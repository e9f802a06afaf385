-- ===== src/Transfer/Advance.antt =====
-- How far one turn of the send loop in internal/transfer/transfer.go advances.
use gmmff.Prelude.{
  ℕ, suc, ◌≤◌, true, false, not, ◌&&◌, ◌||◌, [], ◌∷◌, none, some, ltb, leb, ◌==◌, arith, Bool-cases,
  inl, inr,
}
use gmmff.Transfer.Window.{
  Sending, no_error, end_of_file, broken, Event, ctx_done, remote_cancel, ack, reads, Progress,
  going, stopped, in_flight, on_wait, on_read, turn,
}

-- No turn sends more than one chunk.
abbrev pub NextAtMost : ℕ → Progress → Type 0
NextAtMost n (going t) = t.next ≤ n
NextAtMost n (stopped stop t) = Unit {0}

on_wait-NextAtMost : (e : Event) (s : Sending) → NextAtMost (suc s.next) (on_wait e s)
unfolding on_wait
on_wait-NextAtMost ctx_done s = tt
on_wait-NextAtMost remote_cancel s = tt
on_wait-NextAtMost (ack none) s = tt
on_wait-NextAtMost (ack (some seq)) s = elim (Bool-cases (seq == s.base)) [
  | inl e ↦ rw e (omega arith)
  | inr e ↦ rw e tt
]
on_wait-NextAtMost (reads b e o) s = omega arith

on_read-NextAtMost : (e : Event) (s : Sending) → NextAtMost (suc s.next) (on_read e s)
unfolding on_read
on_read-NextAtMost ctx_done s = tt
on_read-NextAtMost remote_cancel s = tt
on_read-NextAtMost (ack a) s = omega arith
on_read-NextAtMost (reads [] no_error o) s = omega arith
on_read-NextAtMost (reads [] end_of_file o) s = omega arith
on_read-NextAtMost (reads [] broken o) s = tt
on_read-NextAtMost (reads (b ∷ bs) e false) s = tt
on_read-NextAtMost (reads (b ∷ bs) no_error true) s = omega arith
on_read-NextAtMost (reads (b ∷ bs) end_of_file true) s = omega arith
on_read-NextAtMost (reads (b ∷ bs) broken true) s = tt

pub turn-NextAtMost :
    (window : ℕ) (e : Event) (s : Sending) → NextAtMost (suc s.next) (turn window e s)
unfolding turn
turn-NextAtMost window e s =
    elim (Bool-cases (leb window (in_flight s) || (s.file_eof && ltb s.base s.next))) [
      | inl c ↦ rw c (on_wait-NextAtMost e s)
      | inr c ↦ elim (Bool-cases (not s.file_eof && ltb (in_flight s) window)) [
        | inl d ↦ rw (c, d) (on_read-NextAtMost e s)
        | inr d ↦ rw (c, d) (omega arith)
      ]
    ]
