-- ===== src/Transfer/Flow.antt =====
-- The flow control of runFromReader in internal/transfer/transfer.go: how many chunks are under way,
-- and what has been sent when the loop ends.
use mathlib.Core.List.{append_assoc, append-nil}
use gmmff.Prelude.{
  ℕ, zero, suc, ◌+◌, ◌-◌, ◌%◌, ◌^◌, ◌≤◌, ◌<◌, ◌≡◌, refl, sym, ap, ◌∙◌, Bool, true, false, not, ◌&&◌,
  ◌||◌, List, [], ◌∷◌, ◌++◌, none, some, ltb, leb, ◌==◌, length, length-append, arith, Bool-cases,
  inl, inr,
}
use gmmff.Prelude.Int.{ℤ}
use gmmff.Prelude.Bytes.{Bytes}
use gmmff.Transfer.Frames.{chunk_frame, put_uint64, tag_transfer_done}
use gmmff.Transfer.Receive.{chunk_frames}
use gmmff.Transfer.Delivery.{joined, numbers_from}
use gmmff.Transfer.Advance.{NextAtMost, turn-NextAtMost}
use gmmff.Transfer.Window.{
  clamp_window, clamp_chunk, Sending, no_error, end_of_file, broken, Event, ctx_done, remote_cancel,
  ack, reads, transferred, Progress, going, stopped, in_flight, on_wait, on_read, goes_on, turn,
  finish, after_turn, send_loop, sending_from,
}

chunk_frames-append :
    (seq : ℕ) (ps : List Bytes) (p : Bytes)
    → chunk_frames seq (ps ++ p ∷ []) ≡ chunk_frames seq ps ++ chunk_frame (seq + length ps) p ∷ []
unfolding chunk_frames
chunk_frames-append seq [] p = let e : seq + 0 ≡ seq = omega arith in rw e refl
chunk_frames-append seq (q ∷ ps) p =
    let e : suc seq + length ps ≡ seq + suc (length ps) = omega arith in
    ap (λ l. chunk_frame seq q ∷ l) (chunk_frames-append (suc seq) ps p)
    ∙ ap (λ n. chunk_frame seq q ∷ (chunk_frames (suc seq) ps ++ chunk_frame n p ∷ [])) e

joined-append : (ps : List Bytes) (p : Bytes) → joined (ps ++ p ∷ []) ≡ joined ps ++ p
unfolding joined
joined-append [] p = append-nil p
joined-append (q ∷ ps) p =
    ap (λ l. q ++ l) (joined-append ps p) ∙ sym (append_assoc q (joined ps) p)

numbers_from-append :
    (start n : ℕ) → numbers_from start n ++ (start + n) ∷ [] ≡ numbers_from start (suc n)
unfolding numbers_from
numbers_from-append start zero = let e : start + 0 ≡ start = omega arith in rw e refl
numbers_from-append start (suc n) =
    let e : start + suc n ≡ suc start + n = omega arith in
    rw e (ap (λ l. start ∷ l) (numbers_from-append (suc start) n))

-- Every byte that was read has been sent, in chunks numbered from `start` without a gap; the
-- acknowledgements taken were those of the first chunks, one each and in order, and no more than the
-- window are without one.
pub record InWindow (start window : ℕ) (s : Sending) : Type 0 where
  pub pieces : List Bytes
  pub framed : s.sent ≡ chunk_frames start pieces
  pub was_read : s.consumed ≡ joined pieces
  pub counted : s.next ≡ start + length pieces
  pub confirmed : s.acks ≡ numbers_from start (s.base - start)
  pub ordered : (start ≤ s.base) × (s.base ≤ s.next)
  pub bounded : s.next ≤ s.base + window

-- What holds when the loop has stopped.
pub record IsComplete (start : ℕ) (s : Sending) : Type 0 where
  pub pieces : List Bytes
  pub framed : s.sent ≡ chunk_frames start pieces ++ (tag_transfer_done ∷ []) ∷ []
  pub was_read : s.consumed ≡ joined pieces
  pub at_end : s.file_eof ≡ true
  pub acknowledged : s.acks ≡ numbers_from start (length pieces)

unfoldable pub Kept : ℕ → ℕ → Progress → Type 0
Kept start window (going s) = InWindow start window s
Kept start window (stopped transferred s) = IsComplete start s
Kept start window (stopped _ s) = s.next ≤ s.base + window

module _ (start window : ℕ) where
  InWindow-start : InWindow start window (sending_from start)
  unfolding chunk_frames joined numbers_from
  InWindow-start = record {
    pieces = [];
    framed = refl;
    was_read = refl;
    counted = omega arith;
    confirmed = let e : start - start ≡ 0 = omega arith in rw e refl;
    ordered = (omega arith, omega arith);
    bounded = omega arith;
  }

  pub in_flight_lem :
      (s : Sending) → s.base ≤ s.next → s.next < 2 ^ 64 → in_flight s ≡ s.next - s.base
  in_flight_lem s h k = omega arith

  one_confirmed :
      (seq : ℕ) (s : Sending)
      → InWindow start window s
      → seq ≡ s.base
      → s.acks ++ seq ∷ [] ≡ numbers_from start (suc s.base - start)
  one_confirmed seq s v e =
      let n : suc s.base - start ≡ suc (s.base - start) = omega (arith, v.ordered) in
      let m : seq ≡ start + (s.base - start) = omega (arith, v.ordered) in
      rw (v.confirmed, n, m) (numbers_from-append start (s.base - start))

  on_wait-Kept :
      (e : Event) (s : Sending)
      → InWindow start window s
      → s.base < s.next
      → s.next < 2 ^ 64
      → Kept start window (on_wait e s)
  unfolding on_wait Kept
  on_wait-Kept ctx_done s v h k = v.bounded
  on_wait-Kept remote_cancel s v h k = v.bounded
  on_wait-Kept (ack none) s v h k = v.bounded
  on_wait-Kept (ack (some seq)) s v h k = elim (Bool-cases (seq == s.base)) [
    | inl e ↦ rw e (
        let small : suc s.base % 2 ^ 64 ≡ suc s.base = omega arith in
        record {
          pieces = v.pieces;
          framed = v.framed;
          was_read = v.was_read;
          counted = v.counted;
          confirmed = rw small (one_confirmed seq s v (ground arith));
          ordered = (omega (arith, v.ordered), omega arith);
          bounded = omega (arith, v.bounded);
        })
    | inr e ↦ rw e v.bounded
  ]
  on_wait-Kept (reads b e o) s v h k = v

  one_more :
      (b : ℕ) (bs : Bytes) (s : Sending)
      → InWindow start window s
      → s.next < s.base + window
      → suc s.next < 2 ^ 64
      → InWindow start window (record s {
        consumed = s.consumed ++ b ∷ bs;
        next = suc s.next % 2 ^ 64;
        sent = s.sent ++ chunk_frame s.next (b ∷ bs) ∷ [];
      })
  one_more b bs s v h k =
      let small : suc s.next % 2 ^ 64 ≡ suc s.next = omega arith in
      record {
        pieces = v.pieces ++ (b ∷ bs) ∷ [];
        framed = rw (v.framed, v.counted) (sym (chunk_frames-append start v.pieces (b ∷ bs)));
        was_read = rw v.was_read (sym (joined-append v.pieces (b ∷ bs)));
        counted = omega (arith, v.counted, length-append v.pieces ((b ∷ bs) ∷ []));
        confirmed = v.confirmed;
        ordered = (v.ordered.0, omega (arith, v.ordered));
        bounded = omega arith;
      }

  at_eof :
      (s : Sending) → InWindow start window s → InWindow start window (record s { file_eof = true })
  at_eof s v = record {
    pieces = v.pieces;
    framed = v.framed;
    was_read = v.was_read;
    counted = v.counted;
    confirmed = v.confirmed;
    ordered = v.ordered;
    bounded = v.bounded;
  }

  on_read-Kept :
      (e : Event) (s : Sending)
      → InWindow start window s
      → s.next < s.base + window
      → suc s.next < 2 ^ 64
      → Kept start window (on_read e s)
  unfolding on_read Kept
  on_read-Kept ctx_done s v h k = v.bounded
  on_read-Kept remote_cancel s v h k = v.bounded
  on_read-Kept (ack a) s v h k = v
  on_read-Kept (reads [] no_error o) s v h k = v
  on_read-Kept (reads [] end_of_file o) s v h k = at_eof s v
  on_read-Kept (reads [] broken o) s v h k = v.bounded
  on_read-Kept (reads (b ∷ bs) e false) s v h k = v.bounded
  on_read-Kept (reads (b ∷ bs) no_error true) s v h k = one_more b bs s v h k
  on_read-Kept (reads (b ∷ bs) end_of_file true) s v h k = at_eof _ (one_more b bs s v h k)
  on_read-Kept (reads (b ∷ bs) broken true) s v h k = (one_more b bs s v h k).bounded

  turn-Kept :
      (e : Event) (s : Sending)
      → 1 ≤ window
      → InWindow start window s
      → suc s.next < 2 ^ 64
      → Kept start window (turn window e s)
  unfolding turn
  turn-Kept e s w v k =
      let f = in_flight_lem s v.ordered.1 (omega arith) in
      elim (Bool-cases (leb window (in_flight s) || (s.file_eof && ltb s.base s.next))) [
        | inl c ↦ rw c (on_wait-Kept e s v (ground arith) (omega arith))
        | inr c ↦ elim (Bool-cases (not s.file_eof && ltb (in_flight s) window)) [
          | inl d ↦ rw (c, d) (on_read-Kept e s v (ground arith) k)
          | inr d ↦ rw (c, d) (unfold Kept in v)
        ]
      ]

  after_turn-Kept :
      (n : ℕ) (q : Progress) (k : Sending → Progress)
      → Kept start window q
      → NextAtMost n q
      → ((t : Sending) → InWindow start window t → t.next ≤ n → Kept start window (k t))
      → Kept start window (after_turn q k)
  unfolding Kept
  after_turn-Kept n (going t) k v b go = go t v b
  after_turn-Kept n (stopped stop t) k v b go = v

  finish-Kept :
      (o : Bool) (s : Sending)
      → goes_on s ≡ false
      → InWindow start window s
      → Kept start window (finish o s)
  unfolding finish Kept
  finish-Kept false s g v = v.bounded
  finish-Kept true s g v = record {
    pieces = v.pieces;
    framed = ap (λ l. l ++ (tag_transfer_done ∷ []) ∷ []) v.framed;
    was_read = v.was_read;
    at_end = ground arith;
    acknowledged =
        let n : s.base - start ≡ length v.pieces = ground (arith, v.counted, v.ordered) in
        v.confirmed ∙ ap (numbers_from start) n;
  }

  send_loop-Kept :
      (o : Bool) (es : List Event) (s : Sending)
      → 1 ≤ window
      → InWindow start window s
      → s.next + length es < 2 ^ 64
      → Kept start window (send_loop window o es s)
  unfolding send_loop
  send_loop-Kept o [] s w v k = elim (Bool-cases (goes_on s)) [
    | inl g ↦ rw g (unfold Kept in v)
    | inr g ↦ rw g (finish-Kept o s g v)
  ]
  send_loop-Kept o (e ∷ es) s w v k = elim (Bool-cases (goes_on s)) [
    | inl g ↦ rw g (
        after_turn-Kept (suc s.next) (turn window e s) (send_loop window o es)
          (turn-Kept e s w v (omega arith)) (turn-NextAtMost window e s)
          λ t u b. send_loop-Kept o es t w u (omega arith))
    | inr g ↦ rw g (finish-Kept o s g v)
  ]

pub clamp_window_pos : (w : ℤ) → 1 ≤ clamp_window w
unfolding clamp_window
clamp_window_pos w = ground arith

-- From the chunk at which the sender starts, whatever window was asked of NewSender and whatever the
-- loop meets: with fewer events than there are sequence numbers left, no more than the window is ever
-- under way. As long as the loop goes on, what was read has been sent as chunks numbered without a
-- gap, and the acknowledgements that it has taken are those of the first of them, one each and in
-- order. If it returns nil, then the source was at its end, the acknowledgements it took are exactly
-- those of all these chunks in order, and TransferDone was sent after them.
pub send_loop-sending_from :
    (start : ℕ) (w : ℤ) (tag_ok : Bool) (es : List Event)
    → start + length es < 2 ^ 64
    → Kept start (clamp_window w) (send_loop (clamp_window w) tag_ok es (sending_from start))
send_loop-sending_from start w tag_ok es k =
    let window = clamp_window w in
    send_loop-Kept start window tag_ok es (sending_from start) (clamp_window_pos w)
      (InWindow-start start window) k

-- Whatever chunk size is asked of NewSender, at least one byte fits a chunk, and the frame of a chunk
-- that fits is at most 65535 bytes long, the largest message that SCTP takes.
pub length-chunk_frame :
    (c : ℤ) (seq : ℕ) (d : Bytes)
    → length d ≤ clamp_chunk c
    → (1 ≤ clamp_chunk c) × (length (chunk_frame seq d) ≤ 65535)
unfolding clamp_chunk chunk_frame put_uint64
length-chunk_frame c seq d h = ground arith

• _Exercise description_: Output the lines above exactly, but only those between the line holding "Kept start window (going" and the line holding "module _ (start window : ℕ) where", inclusive.

• _Reply_:
Kept start window (going s) = InWindow start window s
Kept start window (stopped transferred s) = IsComplete start s
Kept start window (stopped _ s) = s.next ≤ s.base + window

module _ (start window : ℕ) where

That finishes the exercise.